Although it seems simple to match gene annotation for the same genome assembly derived from different annotation pipelines, the challenges are in the details. Depending on the species and e.g. the availability of sequenced full-length transcripts, gene annotation can differ significantly with respect to the number and size of exons between different annotation sources. For example, a gene is considered as one gene in one annotation source but at the same locus two or more genes are annotated in the other source. Furthermore, one source suggests an additional 5′ or 3′ exon separated by a large intron compared to the other source. In this case, the gene overlap between the annotation sources is relatively low but the exon and/or CDS overlap still high enough to match the genes. Since some redundant Entrez Gene IDs are present in the NCBI annotation files (rare cases, coming from ‘alternative loci’ NT_ and NW_), it is also necessary to filter the GFF files on specific chromosomes to have unique identifiers and corresponding chromosomal positions. Another problematic example is genes that share several exons, such as the protocadherin gamma cluster. To solve this problem, a duplicate filter was applied to retrieve only the best hit. A number of other difficult cases can be found in the Supplementary Data (Additional file 1: Figures S1 and S2, S4S12).

The main application of the MAdb, the use of the corresponding human ortholog IDs as a substitute for the original species gene ID in functional annotation analysis, revealed more significantly enriched functional categories because more genes were assigned to the individual overrepresented categories. Using the original species gene IDs significantly reduces the outcome of the functional annotation analysis by missing overrepresented functional categories and pathways contained in the analyzed data set. Furthermore, using the original species’ gene IDs, not all identified DEGs that actually belong to a given functional category can be assigned. This relates to the problem of genes with provisional symbols such as e.g. LOC100127131 in species like the pig. In these cases, such genes are lost when going for deeper analysis of obtained overrepresented functional categories or pathways.

Initiatives are ongoing to generate data for functional annotation of animal genomes, such as GO-FAANG (61), whereas most of the information about gene and protein functions present in respective databases are derived from studies in the classical model organisms.

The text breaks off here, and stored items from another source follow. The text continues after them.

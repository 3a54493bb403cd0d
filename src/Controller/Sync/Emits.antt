-- ===== src/Controller/Sync/Emits.antt =====
-- All that syncHandler can log, on every branch.
use lib_bucket_provisioner.Base.{Text, some, is_none, not}
use lib_bucket_provisioner.V1alpha1.{ObjectBucketClaim, StorageClass}
use lib_bucket_provisioner.Cluster.Error.{Reply, done, failed, is_not_found}
use lib_bucket_provisioner.Cluster.Event.{Event}
use lib_bucket_provisioner.Cluster.Env.{Env}
use lib_bucket_provisioner.Cluster.Emits.{
  Emits, Emits-bind, Emits-if, Emits-pure, Emits-raise, Emits-attempt,
}
use lib_bucket_provisioner.Handlers.Emits as handlers
use lib_bucket_provisioner.Controller.Emits.Whole.{
  ProvisionEvents, DeleteEvents, handle_provision_claim-Emits, handle_delete_claim-Emits,
}
use lib_bucket_provisioner.Controller.Resources.{Controller, supported_provisioner}
use lib_bucket_provisioner.Controller.Sync.{
  provision_claim, dispatch_claim, sync_found, sync_handler,
}
use lib_bucket_provisioner.Controller.Sync.Order.{mark_pending-Emits}

module _ {E : Env} {P : Event → Type 0} (p : ProvisionEvents P) (d : DeleteEvents P)
    (c : Controller) (key : Text) where
  dispatch_claim-Emits :
      (obc : ObjectBucketClaim) (class : StorageClass)
      → Emits P (dispatch_claim {E = E} c key obc class)
  unfolding dispatch_claim provision_claim
  dispatch_claim-Emits obc class =
      Emits-if (not (supported_provisioner c class.provisioner)) _ _ (Emits-pure _) (
        Emits-if (not (is_none obc.meta.deletion_timestamp)) _ _
          (handle_delete_claim-Emits d key obc)
          (Emits-bind (mark_pending-Emits P obc (λ o r e. p.claim_status o r))
            λ pending. handle_provision_claim-Emits p c key pending class))

  sync_found-Emits : (r : Reply ObjectBucketClaim) → Emits P (sync_found {E = E} c key r)
  unfolding sync_found
  sync_found-Emits (failed e) = Emits-if (is_not_found e) _ _ (Emits-pure _) (Emits-raise _)
  sync_found-Emits (done obc) =
      Emits-bind (handlers.storage_class_for_claim-Emits P d.class_read (some obc))
        (dispatch_claim-Emits obc)

  pub sync_handler-Emits : Emits P (sync_handler {E = E} c key)
  unfolding sync_handler
  sync_handler-Emits =
      Emits-bind (Emits-attempt (handlers.claim_for_key-Emits P p.claim_read key)) sync_found-Emits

The assignment of annotated genes in domestic and non-model organisms to the Gene Ontology database and molecular pathways such as KEGG pathways (62) is mainly based on the assumption that orthologous genes have similar functions in different species. In addition to genes present in many mammalian species, there are species-specific or group-specific genes that could get lost using our approach. However, many of these genes are of unknown function, thus not affecting the results of functional annotation analysis. Since Steps 2 and 3 of the MAdb approach can also deliver paralogs or genes that have moderate sequence similarity if no ortholog is present, some of these genes can be at least assigned to a gene which might have a similar function. Moreover, in case of the Gene Ontology database, except for the very specific functional categories, related genes are usually assigned to the same categories. Another problem of using ortholog information is species-specific gene duplications, e.g. related to adaptations to the environment or host-pathogen interactions which were found for domestic animals (63). These genes, if differentially expressed in the experimental model, are underrepresented in the corresponding functional category or pathway. Since many of these duplicated genes do not yet have an official gene symbol, they are not assigned to functional databases and it does not make a difference if using the original species gene ID or the corresponding human identifier.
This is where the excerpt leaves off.